All Free and Clear has a brightening agent that tends to build up on fleece. My recommendation is to switch to a detergent without any additives. Sun, Allen's Naturally, Sportwash (also called Sensi-clean) are some of the only detergents left that don't have stain repellants and UV brighteners that build up on fleece and make them stink. And try adding a drop of Dawn liquid dish soap to your hot wash. How I wash my diapers is first I run the diapers on a cold wash cycle with no soap at all. Then I run a hot wash/cold rinse cycle with 1/4 of the capfull of Sun and a couple drops of Dawn. Then I run a cold wash with no soap to really rinse the diapers.
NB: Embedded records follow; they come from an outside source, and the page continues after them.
-- ===== src/Prelude/Text/Cut.antt =====
-- Go's strings.Cut and strings.LastIndex at one character, and strings.CutPrefix.
use Prim.Native.Nat.{ℕ}
use Prim.Native.Char.{Char, code}
use Prim.Native.String.{String, ◌++◌}
use mathlib.Core.Path.{◌≡◌, refl, ap, sym}
use mathlib.Core.Bool.{true, false}
use mathlib.Core.Option.{Option, none, some}
use mathlib.Core.Logic.{inl, inr}
use native.Mathlib.Omega.{arith}
use text.Mathlib.TextEquality.{Char-path}
use text.Mathlib.TextLemmas.{nil-append, cons-append}
use secure_dev.Prelude.Tests.{nat_eqb, if◌then◌else◌, Bool-cases}
use secure_dev.Prelude.Text.{has_code, strip}

abbrev first_step : ℕ → Char → String → Option (String × String) → Option (String × String)
first_step k c s none = if nat_eqb k (code c) then some ("", s) else none
first_step k c s (some (a, b)) =
    if nat_eqb k (code c) then some ("", s) else some (String.◌∷◌ c a, b)

-- The texts before and behind the first such character.
unfoldable pub cut_first : ℕ → String → Option (String × String)
cut_first k String.[] = none
cut_first k (String.◌∷◌ c s) = first_step k c s (cut_first k s)

abbrev last_step : ℕ → Char → String → Option (String × String) → Option (String × String)
last_step k c s none = if nat_eqb k (code c) then some ("", s) else none
last_step k c s (some (a, b)) = some (String.◌∷◌ c a, b)

-- The texts before and behind the last such character.
unfoldable pub cut_last : ℕ → String → Option (String × String)
cut_last k String.[] = none
cut_last k (String.◌∷◌ c s) = last_step k c s (cut_last k s)

pub cut_last-none : (k : ℕ) (s : String) → has_code k s ≡ false → cut_last k s ≡ none
unfolding cut_last has_code
cut_last-none k String.[] h = refl
cut_last-none k (String.◌∷◌ c s) h = rw (cut_last-none k s (ground arith)) (ground arith)

pub cut_last-append :
    (k : ℕ) (c : Char) (s t : String)
    → nat_eqb k (code c) ≡ true
    → has_code k t ≡ false
    → cut_last k (s ++ String.◌∷◌ c t) ≡ some (s, t)
unfolding cut_last
cut_last-append k c String.[] t e h = rw (nil-append (String.◌∷◌ c t), cut_last-none k t h, e) refl
cut_last-append k c (String.◌∷◌ d s) t e h =
    rw (cons-append d s (String.◌∷◌ c t), cut_last-append k c s t e h) refl

first_here :
    (k : ℕ) (c : Char) (s : String) (o : Option (String × String))
    → nat_eqb k (code c) ≡ true
    → first_step k c s o ≡ some ("", s)
first_here k c s none e = rw e refl
first_here k c s (some (a, b)) e = rw e refl

pub cut_first-append :
    (k : ℕ) (c : Char) (s t : String)
    → nat_eqb k (code c) ≡ true
    → has_code k s ≡ false
    → cut_first k (s ++ String.◌∷◌ c t) ≡ some (s, t)
unfolding cut_first has_code
cut_first-append k c String.[] t e h =
    rw (nil-append (String.◌∷◌ c t)) (first_here k c t (cut_first k t) e)
cut_first-append k c (String.◌∷◌ d s) t e h =
    let off : nat_eqb k (code d) ≡ false = ground arith in
    rw (cons-append d s (String.◌∷◌ c t), cut_first-append k c s t e (ground arith), off) refl

same_char : (k : ℕ) (c d : Char) → nat_eqb k (code c) ≡ true → nat_eqb k (code d) ≡ true → c ≡ d
same_char k c d h e = Char-path c d (ground arith)

-- A cut at the first character.
here_sound :
    (k : ℕ) (c d : Char) (s a b : String)
    → nat_eqb k (code c) ≡ true
    → nat_eqb k (code d) ≡ true
    → ◌≡◌ {A = Option (String × String)} (some ("", s)) (some (a, b))
    → (String.◌∷◌ d s ≡ a ++ String.◌∷◌ c b) × (a ≡ "")
here_sound k c d s a b e g h =
    let front : "" ≡ a = cc in
    let back : s ≡ b = cc in
    (rw (← front, ← back, nil-append (String.◌∷◌ c s), same_char k d c g e) refl, sym front)

-- A cut behind the first character.
later_sound :
    (c d : Char) (s a b a' b' : String)
    → s ≡ a' ++ String.◌∷◌ c b'
    → ◌≡◌ {A = Option (String × String)} (some (String.◌∷◌ d a', b')) (some (a, b))
    → (String.◌∷◌ d s ≡ a ++ String.◌∷◌ c b) × (a ≡ String.◌∷◌ d a')
later_sound c d s a b a' b' there h =
    let front : String.◌∷◌ d a' ≡ a = cc in
    let back : b' ≡ b = cc in
    (rw (← front, ← back, cons-append d a' (String.◌∷◌ c b'), there) refl, sym front)

last_step_sound :
    (k : ℕ) (c d : Char) (s a b : String) (o : Option (String × String))
    → nat_eqb k (code c) ≡ true
    → ((a' b' : String) → o ≡ some (a', b') → s ≡ a' ++ String.◌∷◌ c b')
    → last_step k d s o ≡ some (a, b)
    → String.◌∷◌ d s ≡ a ++ String.◌∷◌ c b
last_step_sound k c d s a b none e ih h = elim (Bool-cases (nat_eqb k (code d))) [
  | inl g ↦ (here_sound k c d s a b e g (rw g at h)).0
  | inr g ↦ let off = rw g at h in cc
]
last_step_sound k c d s a b (some (a', b')) e ih h =
    (later_sound c d s a b a' b' (ih a' b' refl) h).0

-- What a cut finds is there.
pub cut_last_sound :
    (k : ℕ) (c : Char) (s a b : String)
    → nat_eqb k (code c) ≡ true
    → cut_last k s ≡ some (a, b)
    → s ≡ a ++ String.◌∷◌ c b
unfolding cut_last
cut_last_sound k c String.[] a b e h = cc
cut_last_sound k c (String.◌∷◌ d s) a b e h =
    last_step_sound k c d s a b (cut_last k s) e (λ a' b'. cut_last_sound k c s a' b' e) h

first_step_sound :
    (k : ℕ) (c d : Char) (s a b : String) (o : Option (String × String))
    → nat_eqb k (code c) ≡ true
    → ((a' b' : String) → o ≡ some (a', b') → (s ≡ a' ++ String.◌∷◌ c b') × (has_code k a' ≡ false))
    → first_step k d s o ≡ some (a, b)
    → (String.◌∷◌ d s ≡ a ++ String.◌∷◌ c b) × (has_code k a ≡ false)
unfolding has_code
first_step_sound k c d s a b none e ih h = elim (Bool-cases (nat_eqb k (code d))) [
  | inl g ↦ let (found, front) = here_sound k c d s a b e g (rw g at h) in (found, rw front refl)
  | inr g ↦ let off = rw g at h in cc
]
first_step_sound k c d s a b (some (a', b')) e ih h = elim (Bool-cases (nat_eqb k (code d))) [
  | inl g ↦ let (found, front) = here_sound k c d s a b e g (rw g at h) in (found, rw front refl)
  | inr g ↦
      let (there, clear) = ih a' b' refl in
      let (found, front) = later_sound c d s a b a' b' there (rw g at h) in
      (found, rw (front, g, clear) refl)
]

pub cut_first_sound :
    (k : ℕ) (c : Char) (s a b : String)
    → nat_eqb k (code c) ≡ true
    → cut_first k s ≡ some (a, b)
    → (s ≡ a ++ String.◌∷◌ c b) × (has_code k a ≡ false)
unfolding cut_first
cut_first_sound k c String.[] a b e h = cc
cut_first_sound k c (String.◌∷◌ d s) a b e h =
    first_step_sound k c d s a b (cut_first k s) e (λ a' b'. cut_first_sound k c s a' b' e) h

pub strip-append : (p s : String) → strip p (p ++ s) ≡ some s
unfolding strip
strip-append String.[] s = ap some (nil-append s)
strip-append (String.◌∷◌ d p) s = rw (cons-append d p s, strip-append p s) (ground arith)

pub strip_sound : (p s r : String) → strip p s ≡ some r → s ≡ p ++ r
unfolding strip
strip_sound String.[] s r h = let same : s ≡ r = cc in rw (nil-append r) same
strip_sound (String.◌∷◌ d p) String.[] r h = cc
strip_sound (String.◌∷◌ d p) (String.◌∷◌ c s) r h = elim (Bool-cases (nat_eqb (code d) (code c))) [
  | inl g ↦ rw (cons-append d p r, strip_sound p s r (rw g at h), Char-path d c (ground arith)) refl
  | inr g ↦ let off = rw g at h in cc
]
It seems like a lot but it's the only way my Fuzzi Bunz don't stink.
HTH!


----------



## nichole (Feb 9, 2004)

oh man i had the same problem. i think it was easier to potty train than to fix it







i did all the the tricks for switching and changing detergent. i think my son's urine just got stinkier? so i now do a prerinse in cold and 2 hot washes and then a cold rinse. if there are no poopy diapers, then i would just do one hot wash. really really gotta make sure they get all prerinsed out, nice and clean, and all the soap rinsed out.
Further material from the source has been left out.